Kenny Rogers pitched yet another career-defining game and the Detroit Tigers backed him with their bats, gloves and legs, beating the Oakland Athletics 3-0 on a frosty Friday to take a 3-0 lead in the American League championship series.
Manager Jim Leyland made another lineup hunch pay off as the wild-card Tigers -- yes, the same team that dropped 119 games only three years ago -- posted their sixth straight postseason victory and moved within one win of their first World Series since 1984.
Putting aside temperatures of 4oC to 5oC at Comerica Park that forced both teams to put heaters in their dugouts, Rogers shut out the Athletics, yielding only two singles over 7 1/3 innings.
He drew a thunderous ovation when he left and the Detroit bullpen did the rest.
Craig Monroe homered, Placido Polanco delivered two more hits off losing pitcher Rich Harden and Tigers closer Todd Jones finished for his second save of the series.
At this rate, nothing seems able to stop the Tigers. Want evidence? Leyland pulled Game 2 star Alexis Gomez, put Omar Infante into his first postseason game and the DH singled and walked.
Certainly the Tigers' luck didn't change on Friday the 13th. And, a day after the earliest measured snowfall in the city's history, the cold was no problem, though it helped that the game was switched from a nighttime to a daytime start.
The A's were scheduled to get one last chance yesterday in Game 4, with Dan Haren starting against former Oakland draft pick Jeremy Bonderman. Only once in baseball history has a team rallied from an 0-3 deficit in the postseason, with Boston doing it against the New York Yankees in 2004.
Frank Thomas remained hitless in the series, yet the Big Hurt wasn't the lone Oakland hitter to feel the Big Chill against 41-year-old Rogers.
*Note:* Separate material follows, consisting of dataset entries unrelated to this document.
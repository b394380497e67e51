-- ===== src/TalkServer.antt =====
-- The chat server of network-programming/youshuang/13-4shm_talk_server.cpp: a parent with a table of clients, and for
-- each client a child that shares one memory with the others. The kernel's part is given: what `accept`,
-- `socketpair`, `fork`, `waitpid` and `recv` return.
pub mod System
pub mod Table
pub mod Reachable
pub mod Buffers
pub mod Relay
pub mod Shutdown
mod Tests
use c_language_learnning.Base.{
  ℕ, zero, suc, ◌+◌, ◌-◌, ◌*◌, Option, none, some, Bool, true, false, ◌&&◌, List, [], ◌∷◌, ◌++◌,
  ltb, leb, ◌==◌, if◌then◌else◌,
}
use c_language_learnning.Base.Int.{ℤ, pos, negsuc}

abbrev pub user_limit : ℕ
user_limit = 5

abbrev pub buffer_size : ℕ
buffer_size = 1024

-- `client_data`
pub record Client : Type 0 where
  pub address : ℕ
  pub connfd : ℕ
  pub pid : ℕ
  pub pipe0 : ℕ
  pub pipe1 : ℕ

-- What the handlers of the parent and of a child do but for changing their state.
pub data Action : Type 0 where
  refuse closes watches unwatches kills : ℕ → Action
  -- the number of a client, sent down a pipe
  notify : ℕ → ℕ → Action
  sends : ℕ → List ℕ → Action
  -- run_child, for the client of this number
  runs_child : ℕ → Action

-- The parent's globals and the flags of `main`.
pub record Server : Type 0 where
  pub users : ℕ → Client
  pub sub_process : ℕ → ℤ
  pub user_count : ℕ
  pub stop_server : Bool
  pub terminate : Bool

abbrev pub put {ℓ} : {A : Type ℓ} → (ℕ → A) → ℕ → A → ℕ → A
put f i v j = if j == i then v else f j

-- The clients' numbers by process are all -1 at first; `users` is what `new` left.
unfoldable pub start : (ℕ → Client) → Server
start users = record {
  users = users;
  sub_process = λ pid. negsuc 0;
  user_count = 0;
  stop_server = false;
  terminate = false;
}

-- What a connection gets from the kernel, with `none` where fork fails.
pub record Connection : Type 0 where
  pub address : ℕ
  pub connfd : ℕ
  pub pipe0 : ℕ
  pub pipe1 : ℕ
  pub forked : Option ℕ

-- The entry of the table as it is before `fork`: its `pid` is the old one.
abbrev pub entry : Connection → Client → Client
entry c old = record {
  address = c.address;
  connfd = c.connfd;
  pid = old.pid;
  pipe0 = c.pipe0;
  pipe1 = c.pipe1;
}

-- The branches behind `fork`, in the parent.
unfoldable pub enter : Connection → Option ℕ → Server → Server × List Action
enter c none s = (
  record s { users = put s.users s.user_count (entry c (s.users s.user_count)) },
  closes c.connfd ∷ [],
)
enter c (some pid) s = (
  record s {
    users = put s.users s.user_count (record (entry c (s.users s.user_count)) { pid = pid });
    sub_process = put s.sub_process pid (pos s.user_count);
    user_count = s.user_count + 1;
  },
  runs_child s.user_count ∷ closes c.connfd ∷ closes c.pipe1 ∷ watches c.pipe0 ∷ [],
)

-- The branch of `main` for a new connection. `none`: `accept` fails.
unfoldable pub on_connection : Option Connection → Server → Server × List Action
on_connection none s = (s, [])
on_connection (some c) s =
    if leb user_limit s.user_count
    then (s, refuse c.connfd ∷ closes c.connfd ∷ [])
    else enter c c.forked s

-- The round of the loop around `waitpid` behind `sub_process[pid] = -1`, with `del_user` given.
unfoldable pub delete : ℤ → Server → Server × List Action
delete (negsuc n) s = (s, [])
delete (pos d) s =
    let last = s.users (s.user_count - 1) in
    if ltb user_limit d then (s, []) else (
      record s {
        users = put s.users d last;
        user_count = s.user_count - 1;
        sub_process = put s.sub_process last.pid (pos d);
      },
      unwatches (s.users d).pipe0 ∷ closes (s.users d).pipe0 ∷ [],
    )

unfoldable pub reap : ℕ → Server → Server × List Action
reap pid s =
    delete (s.sub_process pid) (record s { sub_process = put s.sub_process pid (negsuc 0) })

-- The loop around `waitpid`, for the children that it returns.
unfoldable pub reap_all : List ℕ → Server → Server × List Action
reap_all [] s = (s, [])
reap_all (pid ∷ pids) s =
    let r = reap pid s in let rest = reap_all pids r.0 in (rest.0, r.1 ++ rest.1)

unfoldable pub on_sigchld : List ℕ → Server → Server × List Action
on_sigchld pids s =
    let r = reap_all pids s in
    (
      (if r.0.terminate && (r.0.user_count == 0) then record r.0 { stop_server = true } else r.0),
      r.1,
    )

-- The loop that kills the children, from client `i` on.
unfoldable pub kill_from : (ℕ → Client) → ℕ → ℕ → List Action
kill_from users i zero = []
kill_from users i (suc n) = kills (users i).pid ∷ kill_from users (i + 1) n

unfoldable pub on_sigterm : Server → Server × List Action
on_sigterm s =
    if s.user_count == 0
    then (record s { stop_server = true }, [])
    else (record s { terminate = true }, kill_from s.users 0 s.user_count)

pub data Signal : Type 0 where
  sigchld : List ℕ → Signal
  sigterm other : Signal

unfoldable pub on_signal : Signal → Server → Server × List Action
on_signal (sigchld pids) s = on_sigchld pids s
on_signal sigterm s = on_sigterm s
on_signal other s = (s, [])

-- The loop over the users when a child has data, from client `j` on.
unfoldable pub notify_from : (ℕ → Client) → ℕ → ℕ → ℕ → ℕ → List Action
notify_from users sockfd child j zero = []
notify_from users sockfd child j (suc n) =
    let rest = notify_from users sockfd child (j + 1) n in
    if (users j).pipe0 == sockfd then rest else notify (users j).pipe0 child ∷ rest

unfoldable pub on_child : ℕ → ℕ → Server → List Action
on_child sockfd child s = notify_from s.users sockfd child 0 s.user_count

-- What a `recv` of a child returns; `again` stands for EAGAIN.
pub data Recv (A : Type 0) : Type 0 where
  again failed closed : Recv A
  received : A → Recv A

-- memset and recv on the shared memory, from index `i` on.
unfoldable pub clear : (ℕ → ℕ) → ℕ → ℕ → ℕ → ℕ
clear mem i n j = if leb i j && ltb j (i + n) then 0 else mem j

unfoldable pub store : (ℕ → ℕ) → ℕ → List ℕ → ℕ → ℕ
store mem i [] = mem
store mem i (c ∷ cs) = store (put mem i c) (i + 1) cs

unfoldable pub load : (ℕ → ℕ) → ℕ → ℕ → List ℕ
load mem i zero = []
load mem i (suc n) = mem i ∷ load mem (i + 1) n

-- The branch of `run_child` for data of its client: the shared memory, `stop_child` and what is sent.
unfoldable pub child_client : ℕ → ℕ → Recv (List ℕ) → (ℕ → ℕ) → (ℕ → ℕ) × Bool × List Action
child_client idx pipefd again mem = (clear mem (idx * buffer_size) buffer_size, false, [])
child_client idx pipefd failed mem = (clear mem (idx * buffer_size) buffer_size, true, [])
child_client idx pipefd closed mem = (clear mem (idx * buffer_size) buffer_size, true, [])
child_client idx pipefd (received cs) mem = (
  store (clear mem (idx * buffer_size) buffer_size) (idx * buffer_size) cs,
  false,
  notify pipefd idx ∷ [],
)

-- The branch for a number that the parent has sent: `stop_child` and what is sent.
unfoldable pub child_pipe : ℕ → Recv ℕ → (ℕ → ℕ) → Bool × List Action
child_pipe connfd again mem = (false, [])
child_pipe connfd failed mem = (true, [])
child_pipe connfd closed mem = (true, [])
child_pipe connfd (received client) mem =
    (false, sends connfd (load mem (client * buffer_size) buffer_size) ∷ [])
Coming off his first victory in a previously awful playoff career, Rogers reprised his role as an October ace. He blanked the Yankees for 7 2/3 innings in the first round and the A's never did much against him, either.
Rogers was not as animated as he was in the win over the Yankees. He saved his emotion for the end, thanking the 41,669 fans with a wave of the cap, making sure to salute every corner of the park.
Cardinals 9, Mets 6
At New York, So Taguchi hit a tiebreaking homer off Billy Wagner to lead off a three-run ninth inning, lifting St. Louis over New York to tie the National League championship series at one game apiece.
NL Cy Young pitching award winner Chris Carpenter faltered, but the Cardinals tied the game after trailing 3-0 and 4-2, then came back again in the seventh after falling behind 6-4.
During the regular season, Taguchi wasn't much of a power threat: He homered just twice in 316 at-bats this year. But he is 2-for-2 with a pair of homers in postseason play, also connecting off San Diego's Scott Linebrink in Game 3 in the first round.
Wagner entered with the score tied 6-all in the ninth. Taguchi, 0-for-5 against Wagner in his career, worked a full count and -- on the ninth pitch of the at-bat -- drove the ball over the left-field wall.
Albert Pujols then singled and scored on a double by Spiezio, whose seventh-inning triple off Guillermo Mota had tied the score. Juan Encarnacion followed with a run-scoring single off Wagner, who had gotten the save in New York's opening 2-0 win on Thursday night but was booed when he walked back to the dugout after being removed with two outs.